Request By:
Mr. Reathel Goff
Superintendent
Ohio County Schools
Hartford, Kentucky 42347
Opinion
Opinion By: Robert F. Stephens, Attorney General; By: Charles W. Runyan, Assistant Deputy Attorney General
The Ohio County Board of Education requests our opinion on the following question:
"Can Coal Severance Economic Aid Funds be combined for both a Central Office and an elementary school? The project has been approved as a Central Office building, Project Number CSEAF 30-18, in the amount of $86,458.00."
We assume the proposed elementary school project qualifies as a capital project under KRS 42.330. The prohibition against using the fund for school purposes was deleted by a 1978 amendment of KRS 42.330 [1978 Acts, Ch. 188, § 2].
From your letter we assume that the central office building project has already been approved, and that now the school board would like for the elementary school project to be added to the central office building project and approved as a package.

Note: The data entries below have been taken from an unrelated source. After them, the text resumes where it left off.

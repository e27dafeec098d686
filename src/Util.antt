-- ===== src/Util.antt =====
-- src/base/MyUtil.cpp and src/base/MyUtil.h: bytes as hexadecimal text, splitting a text at a
-- separator, copying into a buffer of a given size, and parsing a comparison. Text is a list of bytes. A
-- read or a write out of bounds is `none`.
pub mod Hex
pub mod Split
pub mod Copy
pub mod Formula
mod Tests
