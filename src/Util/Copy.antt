-- ===== src/Util/Copy.antt =====
-- `util_strlcpy` and `util_strlcat`, which write into a buffer of a given size. A source is the bytes
-- before its zero. A write behind the end of the buffer is `none`.
use netsystem.Base.{
  ℕ, zero, suc, ◌+◌, ◌≤◌, ◌<◌, ◌≡◌, refl, ap, ◌∙◌, true, false, List, [], ◌∷◌, ◌++◌, if◌then◌else◌,
  ◌==◌, length, take, min, arith, Bool-cases, inl, inr, Option, some, none,
}

-- The rest of the buffer after `*dst = '\0'`.
unfoldable pub terminate : List ℕ → Option (List ℕ)
terminate [] = none
terminate (_ ∷ dst) = some (0 ∷ dst)

-- One byte in front of what is written behind it.
unfoldable pub behind : ℕ → Option (ℕ × List ℕ) → Option (ℕ × List ℕ)
behind x none = none
behind x (some (n, dst)) = some (n + 1, x ∷ dst)

unfoldable pub ended : Option (List ℕ) → Option (ℕ × List ℕ)
ended none = none
ended (some dst) = some (0, dst)

-- The copying loop, with the places that are left, and the zero behind it. The result counts the bytes
-- from here, and holds the buffer from here.
unfoldable pub copy : (left : ℕ) → List ℕ → List ℕ → Option (ℕ × List ℕ)
copy zero dst src = ended (terminate dst)
copy (suc left) dst [] = ended (terminate dst)
copy (suc left) [] (x ∷ src) = none
copy (suc left) (_ ∷ dst) (x ∷ src) = behind x (copy left dst src)

unfoldable util_strlcpy : List ℕ → List ℕ → (size : ℕ) → Option (ℕ × List ℕ)
util_strlcpy dst src zero = some (0, dst)
util_strlcpy dst src (suc size) = copy size dst src

-- The search for the end of the text in the buffer, with the places that are left, and what follows it.
-- If there is no zero in them nothing is written.
unfoldable pub append_from : (left : ℕ) → List ℕ → List ℕ → Option (ℕ × List ℕ)
append_from zero dst src = some (0, dst)
append_from (suc left) [] src = none
append_from (suc left) (x ∷ dst) src =
    let rest = append_from left dst src in if x == 0 then copy left (x ∷ dst) src else behind x rest

unfoldable pub util_strlcat : List ℕ → List ℕ → (size : ℕ) → Option (ℕ × List ℕ)
util_strlcat dst src zero = some (0, dst)
util_strlcat dst src (suc size) = append_from (suc size) dst src

-- The text in a buffer: the bytes before the first zero.
unfoldable pub text : List ℕ → List ℕ
text [] = []
text (x ∷ dst) = let rest = text dst in if x == 0 then [] else x ∷ rest

-- A source holds no zero.
unfoldable pub IsText : List ℕ → Type 0
IsText [] = Unit
IsText (x ∷ src) = ((x == 0) ≡ false) × IsText src

copy_lem :
    (left : ℕ) (dst src : List ℕ)
    → left < length dst
    → IsText src
    → (dst' : List ℕ) × (copy left dst src ≡ some (min left (length src), dst'))
      × (length dst' ≡ length dst)
      × (text dst' ≡ take left src)
unfolding copy terminate behind ended text IsText
copy_lem zero [] src h t = absurd (omega arith)
copy_lem zero (x ∷ dst) src h t = (0 ∷ dst, ap (λ n. some (n, 0 ∷ dst)) (omega arith), refl, refl)
copy_lem (suc left) [] src h t = absurd (omega arith)
copy_lem (suc left) (x ∷ dst) [] h t =
    (0 ∷ dst, ap (λ n. some (n, 0 ∷ dst)) (omega arith), refl, refl)
copy_lem (suc left) (_ ∷ dst) (x ∷ src) h (nz, t) =
    let (dst', e, same, is) = copy_lem left dst src (omega arith) t in
    (
      x ∷ dst',
      ap (behind x) e ∙ ap (λ n. some (n, x ∷ dst')) (omega arith),
      ap suc same,
      rw (nz, is) refl,
    )

-- What a buffer of `dst` bytes holds after the call: the count, and a text of as many bytes.
abbrev pub Holds : Option (ℕ × List ℕ) → ℕ → List ℕ → List ℕ → Type 0
Holds r n dst str =
    (dst' : List ℕ) × (r ≡ some (n, dst')) × (length dst' ≡ length dst) × (text dst' ≡ str)

text_end : (x : ℕ) (dst : List ℕ) → (x == 0) ≡ true → text (x ∷ dst) ≡ []
unfolding text
text_end x dst e = rw e refl

text_more : (x : ℕ) (dst : List ℕ) → (x == 0) ≡ false → text (x ∷ dst) ≡ x ∷ text dst
unfolding text
text_more x dst e = rw e refl

append_from_lem :
    (left : ℕ) (dst src : List ℕ)
    → suc left ≤ length dst
    → length (text dst) ≤ left
    → IsText src
    → Holds
        (append_from (suc left) dst src)
        (min left (length (text dst) + length src))
        dst
        (take left (text dst ++ src))
unfolding append_from behind
append_from_lem left [] src h short t = absurd (omega arith)
append_from_lem zero (x ∷ dst) src h short t = elim (Bool-cases (x == 0)) [
  | inl z ↦
      let (dst', e, same, is) = copy_lem zero (x ∷ dst) src (omega arith) t in
      rw (text_end x dst z, z) (dst', e ∙ ap (λ n. some (n, dst')) (omega arith), same, is)
  | inr nz ↦ absurd (omega (arith, ap length (text_more x dst nz)))
]
append_from_lem (suc left) (x ∷ dst) src h short t = elim (Bool-cases (x == 0)) [
  | inl z ↦
      let (dst', e, same, is) = copy_lem (suc left) (x ∷ dst) src (omega arith) t in
      rw (text_end x dst z, z) (dst', e ∙ ap (λ n. some (n, dst')) (omega arith), same, is)
  | inr nz ↦
      let (dst', e, same, is) =
        append_from_lem left dst src (omega arith) (omega (arith, ap length (text_more x dst nz)))
          t in
      rw (text_more x dst nz, nz)
        (
          x ∷ dst',
          ap (behind x) e ∙ ap (λ n. some (n, x ∷ dst')) (omega arith),
          ap suc same,
          text_more x dst' nz ∙ ap (◌∷◌ x) is,
        )
]

-- Copying into a buffer of at least `size` bytes writes the source, cut to what leaves room for the zero,
-- and nothing behind the buffer, and gives the number of its bytes.
util_strlcpy_lem :
    (dst src : List ℕ) (size : ℕ)
    → suc size ≤ length dst
    → IsText src
    → Holds (util_strlcpy dst src (suc size)) (min size (length src)) dst (take size src)
unfolding util_strlcpy
util_strlcpy_lem dst src size h t = copy_lem size dst src (omega arith) t

-- Appending to a text that ends within the first `size` bytes of its buffer gives that text followed by
-- the source, cut to what leaves room for the zero, and the number of its bytes. Nothing is written
-- behind the buffer.
pub util_strlcat_lem :
    (dst src : List ℕ) (size : ℕ)
    → suc size ≤ length dst
    → length (text dst) ≤ size
    → IsText src
    → Holds
        (util_strlcat dst src (suc size))
        (min size (length (text dst) + length src))
        dst
        (take size (text dst ++ src))
unfolding util_strlcat
util_strlcat_lem dst src size h short t = append_from_lem size dst src h short t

It is our opinion that the combining of these two proposals and adding the additional proposed project would, in connection with the selectional and approval machinery of KRS 42.330, KRS 42.332, KRS 42.334, and State Regulations, 200 KAR 4:015, constitute a new proposal. Thus the combined proposals would have to conform to the above selective and approval processes set out in the above statutes and regulation. See especially the public notice aspect as covered by KRS 42.330(5) and 200 KAR 4:015, Section 2, relating to notice to the public of the proposed project. Meetings of the Economic Aid Fund Board are required to be open to the public, upon publication of notice of such meetings, when the purpose is to discuss and decide on the priority of projects. KRS 42.330(5). See Section 2, 200 KAR 4:015, concerning documentation by the Economic Aid Board of public meetings, held on publication of notices, dealing with proposed projects.
As we said in OAG 79-489, the regulations and statute require, among other things, a public hearing, such that the general public, that is, and school district, is sufficiently apprised of the nature and extent of the proposed projects. Administrative regulations properly adopted and filed have the force and effect of law. Reitze v. Williams, Ky., 458 S.W.2d 613 (1970).
The point is that "each proposal" [here you wish to combine two items into one proposal] must meet the statutory and regulations requirements. If you add the elementary school project to the prior central office project, you necessarily create a different or new project.